BUT THAT SPRING SHE was fourteen and would do anything. She would take off her knickers and gift them to him there if he asked her. She slipped out of the now to imagine this and her smile went, her whole face slack as he talked at her muted. His talk blew cool and stale. It rushed up her neck and reached her nose. The smell of menthol cigs brought back her hearing. He was laughing so she laughed along. This was upstairs towards the back of the bus that leaned out of town on a blood-hot Sunday in March of ’84, at teatime, quarter full, a weird red sky at Jan’s window, clouds like babies’ fingers. Below, as the bus wound her home, were cars and streets and shuttered shops and pavements of lugging, stooping, strutting funny-peculiar people – things that meant summat to Jan, but she wasn’t sure what, even though she was mithered enough to recognise when she felt it. Yet whenever she turned to see town from a bus window her gaze would drift up. She chased between buildings, checked if the sky had a colour.

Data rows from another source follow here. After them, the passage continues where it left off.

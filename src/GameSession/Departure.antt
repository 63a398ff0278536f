-- ===== src/GameSession/Departure.antt =====
-- How a call of `remove_player` ends.
use ascii_poker.Prelude.{
  ℕ, ◌+◌, ◌≤◌, ◌≡◌, refl, inl, inr, ◌⊎◌, Bool, true, false, not, List, some, length, arith, ◌==◌,
  if◌then◌else◌, Bool-cases, Option-cases, assign, ℕ_discrete,
}
use ascii_poker.Card.{Card}
use ascii_poker.Deck.{IsShuffle}
use ascii_poker.GameSession.State.{GameSession, Outcome, returns, ◌>>=◌}
use ascii_poker.GameSession.Seats.{
  player_at, count_active_players, is_round_complete, has_enough_players,
}
use ascii_poker.GameSession.Chips.{persist_player_chips}
use ascii_poker.GameSession.Notify.{broadcast_state}
use ascii_poker.GameSession.Award.{award_all_pots}
use ascii_poker.GameSession.Phases.{try_start_new_hand, ask_current_player}
use ascii_poker.GameSession.Moves.{
  index_of, erase_at, erase_player_state, fix_indices_after_removal, continue_after_player_left,
  unseat, remove_player,
}
use ascii_poker.GameSession.Outcomes.{Returns, Returns-weaken}
use ascii_poker.GameSession.Seated.{SameTable, broadcast_state-Returns}
use ascii_poker.GameSession.Sound.{is_round_complete-Returns}
use ascii_poker.GameSession.Opening.{SoundWithin, persist_player-SoundWithin}
use ascii_poker.GameSession.Calls.{SoundWithin-SameTable, award-players}
use ascii_poker.GameSession.Turns.{SoundWithin-bets}
use ascii_poker.GameSession.Removal.{persist-players, vacated, vacated-SoundWithin}
use ascii_poker.GameSession.Course.{
  Settles, Settles->>=, next_phase-Settles, fuel_for-le, Returns-cases,
}
use ascii_poker.GameSession.Ending.{asks}

-- The call returns a session without players, or settles.
abbrev pub EmptiesOrSettles : (ℕ → List Card → List Card) → ℕ → ℕ → Outcome GameSession → Type 0
EmptiesOrSettles shuffle spare n m =
    Returns (λ t. length t.players ≡ 0) m ⊎ Settles shuffle spare n m

module _ (shuffle : ℕ → List Card → List Card) (perm : IsShuffle shuffle) (spare fuel : ℕ)
    (enough : spare + 8 ≤ fuel) where
  continue-Settles :
      (n : ℕ) (was_current : Bool) (s : GameSession)
      → SoundWithin n s
      → Settles shuffle spare n (continue_after_player_left shuffle fuel was_current s)
  unfolding continue_after_player_left
  continue-Settles n was_current s h =
      Settles->>= shuffle perm spare (λ _. Unit {0}) n (is_round_complete s) _
        (is_round_complete-Returns s h.0.seated)
        λ complete _. elim (Bool-cases complete) [
          | inl e ↦ rw e (
              next_phase-Settles shuffle perm spare fuel (omega arith)
                (λ m u _. asks shuffle perm spare fuel enough m u) n s
                (omega (arith, fuel_for-le s.phase)) h)
          | inr e ↦ elim (Bool-cases was_current) [
            | inl now ↦ rw (e, now) (asks shuffle perm spare fuel enough n s h)
            | inr later ↦
                rw (e, later)
                  (inl (
                    Returns-weaken (SameTable s) (SoundWithin n) (broadcast_state s)
                      (λ t same. SoundWithin-SameTable n s t same h)
                      (broadcast_state-Returns s h.0.seated)))
          ]
        ]

  seats_left-Settles :
      (n : ℕ) (was_current : Bool) (s : GameSession)
      → SoundWithin n s
      → Settles shuffle spare n (
          if not (has_enough_players s) then returns s else (elim (count_active_players s == 1) [
            | true ↦ try_start_new_hand shuffle (ask_current_player shuffle fuel) s
            | false ↦ continue_after_player_left shuffle fuel was_current s
          ]))
  seats_left-Settles n was_current s h = elim (Bool-cases (not (has_enough_players s))) [
    | inl e ↦ rw e (inl h)
    | inr e ↦ elim (Bool-cases (count_active_players s == 1)) [
      | inl one_left ↦ rw (e, one_left) (inr (s, fuel, omega arith, h, refl))
      | inr more ↦ rw (e, more) (continue-Settles n was_current s h)
    ]
  ]

  unseat-Settles :
      (n player connection index : ℕ) (was_current : Bool) (s : GameSession)
      → index_of player s.players ≡ some index
      → SoundWithin n s
      → EmptiesOrSettles shuffle spare n (unseat shuffle fuel player connection index was_current s)
  unfolding unseat erase_player_state fix_indices_after_removal
  unseat-Settles n player connection index was_current s found h =
      let t = persist_player_chips player s in
      let sound = persist_player-SoundWithin n player s h in
      let same = persist-players player s in
      let found' : index_of player t.players ≡ some index = rw same found in
      elim (ℕ_discrete (length (erase_at index t.players)) 0) [
        | yes empty ↦
            let none_left : (length (erase_at index t.players) == 0) ≡ true = ground arith in
            rw none_left (inl empty)
        | no some_left ↦
            let left : (length (erase_at index t.players) == 0) ≡ false = ground arith in
            let keeps =
              vacated-SoundWithin n player connection index t found' (omega arith) sound in
            rw left
              (inr (seats_left-Settles n was_current (vacated player connection index t) keeps))
      ]

  -- With a shuffle that permutes the cards: when a connection leaves a sound session with at most
  -- `n` chips, the call ends. With `spare + 8` or more fuel it returns a session without players,
  -- or the call returns a sound session with at most `n` chips, or comes to the end of the hand,
  -- where a sound session with at most those chips is left, and what remains is the call of
  -- `try_start_new_hand` on it with at least `spare` fuel.
  pub remove_player-EmptiesOrSettles :
      (n connection : ℕ) (s : GameSession)
      → SoundWithin n s
      → EmptiesOrSettles shuffle spare n (remove_player shuffle fuel connection s)
  unfolding remove_player
  remove_player-EmptiesOrSettles n connection s h =
      elim (Option-cases (s.connection_map connection)) [
        | inl e ↦ rw (e, remove_player) (inr (inl h))
        | inr (player, e) ↦ elim (Option-cases (index_of player s.players)) [
          | inl e' ↦ rw (e, e', remove_player) (inr (inl h))
          | inr (index, found) ↦ rw (e, found, remove_player) (leave player index found)
        ]
      ]
    where
      leave :
          (player index : ℕ)
          → index_of player s.players ≡ some index
          → let t = record s { folded_players = assign s.folded_players player true } in
            let was_current = player_at s s.current_player_index == player in
            EmptiesOrSettles shuffle spare n (elim (count_active_players t == 1) [
              | true ↦ award_all_pots t >>= unseat shuffle fuel player connection index was_current
              | false ↦ unseat shuffle fuel player connection index was_current t
            ])
      leave player index found =
          let t = record s { folded_players = assign s.folded_players player true } in
          let was_current = player_at s s.current_player_index == player in
          let sound : SoundWithin n t =
            SoundWithin-bets n s s.current_bet s.last_raise_increment _ s.players_acted h in
          elim (Bool-cases (count_active_players t == 1)) [
            | inl e ↦
                let (u, paid, (keeps, same)) =
                  Returns-cases (λ u. SoundWithin n u × (u.players ≡ t.players)) (award_all_pots t)
                    (award-players n t sound) in
                rw (e, paid)
                  (unseat-Settles n player connection index was_current u (rw same found) keeps)
            | inr e ↦ rw e (unseat-Settles n player connection index was_current t found sound)
          ]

And then he’d got on alone two stops after them and she had looked out at town and looked up and down and seen nowt and looked harder when he sat opposite her, and then in front, making her feel all things at once since he was black and beautiful, since he turned and spoke to her. He was old: seventeenish. He lived in Longsight so was getting off again soon.

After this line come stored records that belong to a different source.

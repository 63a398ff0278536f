-- ===== src/GameSession/Leaving.antt =====
-- `remove_player`, and the invariant of a session.
use ascii_poker.Prelude.{
  ℕ, ◌≡◌, inl, inr, ◌⊎◌, Bool, true, false, not, List, some, length, arith, ◌==◌, if◌then◌else◌,
  Bool-cases, Option-cases, assign, ℕ_discrete,
}
use ascii_poker.Card.{Card}
use ascii_poker.Deck.{IsShuffle}
use ascii_poker.GameSession.State.{GameSession, returns, ◌>>=◌}
use ascii_poker.GameSession.Seats.{player_at, count_active_players, has_enough_players}
use ascii_poker.GameSession.Chips.{persist_player_chips}
use ascii_poker.GameSession.Notify.{broadcast_state}
use ascii_poker.GameSession.Award.{award_all_pots}
use ascii_poker.GameSession.Phases.{try_start_new_hand, ask_current_player}
use ascii_poker.GameSession.Moves.{
  index_of, erase_at, erase_player_state, fix_indices_after_removal, continue_after_player_left,
  unseat, remove_player,
}
use ascii_poker.GameSession.Outcomes.{
  NeverThrows, Returns-NeverThrows->>=, Returns-NeverThrows, NeverThrows-weaken, NeverThrows-if,
}
use ascii_poker.GameSession.Seated.{SameTable, broadcast_state-Returns}
use ascii_poker.GameSession.Opening.{SoundWithin, persist_player-SoundWithin}
use ascii_poker.GameSession.Calls.{SoundWithin-SameTable, award-players}
use ascii_poker.GameSession.Hand.{
  try_start_new_hand-SoundWithin, end_turn-SoundWithin, ask_current_player-SoundWithin,
}
use ascii_poker.GameSession.Turns.{SoundWithin-bets}
use ascii_poker.GameSession.Removal.{persist-players, vacated, vacated-SoundWithin}

-- Nobody is left, or the session is sound and has at most `n` chips.
abbrev pub EmptyOrSound : ℕ → GameSession → Type 0
EmptyOrSound n t = (length t.players ≡ 0) ⊎ SoundWithin n t

module _ (shuffle : ℕ → List Card → List Card) (perm : IsShuffle shuffle) (fuel : ℕ) where
  continue-SoundWithin :
      (n : ℕ) (was_current : Bool) (s : GameSession)
      → SoundWithin n s
      → NeverThrows (SoundWithin n) (continue_after_player_left shuffle fuel was_current s)
  unfolding continue_after_player_left
  continue-SoundWithin n was_current s h =
      let ask = ask_current_player shuffle fuel in
      let keeps = ask_current_player-SoundWithin shuffle perm fuel in
      end_turn-SoundWithin shuffle perm ask keeps n s
        (λ t. elim was_current [ true ↦ ask t | false ↦ broadcast_state t ])
        (λ t sound. elim (Bool-cases was_current) [
          | inl e ↦ rw e (keeps n t sound)
          | inr e ↦ rw e (broadcasts t sound)
        ])
        h
    where
      broadcasts :
          (t : GameSession) → SoundWithin n t → NeverThrows (SoundWithin n) (broadcast_state t)
      broadcasts t sound =
          Returns-NeverThrows (SameTable t) (SoundWithin n) (broadcast_state t)
            (λ u same. SoundWithin-SameTable n t u same sound)
            (broadcast_state-Returns t sound.0.seated)

  unseat-EmptyOrSound :
      (n player connection index : ℕ) (was_current : Bool) (s : GameSession)
      → index_of player s.players ≡ some index
      → SoundWithin n s
      → NeverThrows (EmptyOrSound n) (unseat shuffle fuel player connection index was_current s)
  unfolding unseat erase_player_state fix_indices_after_removal
  unseat-EmptyOrSound n player connection index was_current s found h =
      let t = persist_player_chips player s in
      let sound = persist_player-SoundWithin n player s h in
      let same = persist-players player s in
      let found' : index_of player t.players ≡ some index = rw same found in
      let fixed = vacated player connection index t in
      elim (ℕ_discrete (length (erase_at index t.players)) 0) [
        | yes empty ↦
            let none_left : (length (erase_at index t.players) == 0) ≡ true = ground arith in
            rw none_left (inl empty)
        | no some_left ↦
            let left : (length (erase_at index t.players) == 0) ≡ false = ground arith in
            let keeps =
              vacated-SoundWithin n player connection index t found' (omega arith) sound in
            rw left (
              NeverThrows-weaken (SoundWithin n) (EmptyOrSound n) _ (λ u k. inr k)
                (go_on fixed keeps))
      ]
    where
      go_on :
          (fixed : GameSession)
          → SoundWithin n fixed
          → NeverThrows (SoundWithin n) (
              if not (has_enough_players fixed)
              then returns fixed
              else (elim (count_active_players fixed == 1) [
                | true ↦ try_start_new_hand shuffle (ask_current_player shuffle fuel) fixed
                | false ↦ continue_after_player_left shuffle fuel was_current fixed
              ]))
      go_on fixed keeps =
          NeverThrows-if (SoundWithin n) (not (has_enough_players fixed)) (returns fixed) _ keeps
            (elim (Bool-cases (count_active_players fixed == 1)) [
              | inl e ↦ rw e (
                  try_start_new_hand-SoundWithin shuffle perm (ask_current_player shuffle fuel)
                    (ask_current_player-SoundWithin shuffle perm fuel) n fixed keeps)
              | inr e ↦ rw e (continue-SoundWithin n was_current fixed keeps)
            ])

  -- With a shuffle that permutes the cards: when a connection leaves a sound session with at most
  -- `n` chips, nothing is thrown, whatever the fuel; and in a session that the call returns either
  -- no player is left, or it is sound with at most `n` chips.
  pub remove_player-EmptyOrSound :
      (n connection : ℕ) (s : GameSession)
      → SoundWithin n s
      → NeverThrows (EmptyOrSound n) (remove_player shuffle fuel connection s)
  unfolding remove_player
  remove_player-EmptyOrSound n connection s h = elim (Option-cases (s.connection_map connection)) [
    | inl e ↦ rw (e, remove_player) (inr h)
    | inr (player, e) ↦ elim (Option-cases (index_of player s.players)) [
      | inl e' ↦ rw (e, e', remove_player) (inr h)
      | inr (index, found) ↦ rw (e, found, remove_player) (leave player index found)
    ]
  ]
    where
      leave :
          (player index : ℕ)
          → index_of player s.players ≡ some index
          → let t = record s { folded_players = assign s.folded_players player true } in
            let was_current = player_at s s.current_player_index == player in
            NeverThrows (EmptyOrSound n) (elim (count_active_players t == 1) [
              | true ↦ award_all_pots t >>= unseat shuffle fuel player connection index was_current
              | false ↦ unseat shuffle fuel player connection index was_current t
            ])
      leave player index found =
          let t = record s { folded_players = assign s.folded_players player true } in
          let was_current = player_at s s.current_player_index == player in
          let sound : SoundWithin n t =
            SoundWithin-bets n s s.current_bet s.last_raise_increment _ s.players_acted h in
          elim (Bool-cases (count_active_players t == 1)) [
            | inl e ↦ rw e (
                Returns-NeverThrows->>= (λ u. SoundWithin n u × (u.players ≡ t.players))
                  (EmptyOrSound n) (award_all_pots t) _ (award-players n t sound)
                  (λ u (k, same).
                    unseat-EmptyOrSound n player connection index was_current u (rw same found) k))
            | inr e ↦ rw e (unseat-EmptyOrSound n player connection index was_current t found sound)
          ]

Ten stops about. Jan counted them.

She watched him talk and shook her head. She answered back, sweating. Her eyes wouldn’t roll at his teases – of the ones she heard she’d heard before – and were tearing up. His features went runny. Her feet kicked for him whenever she made him laugh. White thighs glued to the prickly fur of the bus seat; her left hip jabbed Alice’s right. Tiny Alice, trying hard: kohled, earringed, sitting bolt straight next to her, for once not drowsy but shy and wary, even with head hair as short as the bus seats’. He ignored Alice, for now, whose chest was bigger but disguised thank fuck by a stripy lad’s shirt lifted from a box of swag outside a shut Oxfam, two Sundays gone. Jan’s red Benetton pinched from the same box. It was clinging to her front now with sweat and tugging. Her white shorts were once Alice’s. They’d finished long on Alice’s legs – legs now bruised into the aisle by Jan’s. In Alice’s mouldy bedroom Jan had made her cut the white shorts. Although Alice’s mam was unshockable and a decent seamstress she’d been out for the night and Jan had mithered till Alice cut them herself. She cut them so fast and high she snipped the pockets and wouldn’t wear them again. But they fitted Jan just right.

Stop three:

By now Jan could only breathe short. The bus hissed and voices ran upstairs. He looked round at who’d got on and she re-posed and pulled her Benetton tight to offer herself as he faced back.

‘D’yever go Caribbean Club?’ he said.

‘Yeah. Course.’

‘Fridays are dead good. Have I seen yous there?’

‘Might have.’ She split her white thighs and put her hands in the hot space. Then she straightened her arms, shifting most of her weight and rocked forward. He was already leaning over his seat and his menthol cig-smell rushed her again. She tasted it. She wanted to lick the day’s grease from his face. The bus bounced past Ardwick Green, accelerated in fits; she toppled back into her seat; he finished whatever he was saying and watched her, watching how things settled.

In this Jan showed him that these pale Wythenshawe girls had bloomed early, and that this was accidental only in Alice, who was still indifferent to her own power and not quite afraid of it or able to direct it, which neutered her to some lads, Jan had noticed, and for others doubled Alice’s power over her own. So Jan grinned at him still and grinned in pain.

‘How old a’you two, then?’

Alice looked at Jan. Jan refused to look at Alice.

‘Have a guess,’ Jan said.

‘. . .Seventeen?’

Her ribs swelled apart with pleasure. Things inside her unhitched.

Jan breathed just fine.

Jan could have him.

Jan would have him.

Stop two:

‘This is me next. You and all.’

She drummed his seat with more kicks.

‘. . .Jan?’ Alice whispered close.

What?

‘How you gunna get back? When your mam rings us, what am I saying?’

But the bus hissed and he stood and she stood and she knocked past Alice’s bruised legs, grinning back: ‘See yous tomorrow then, yeah? Ta-ra.’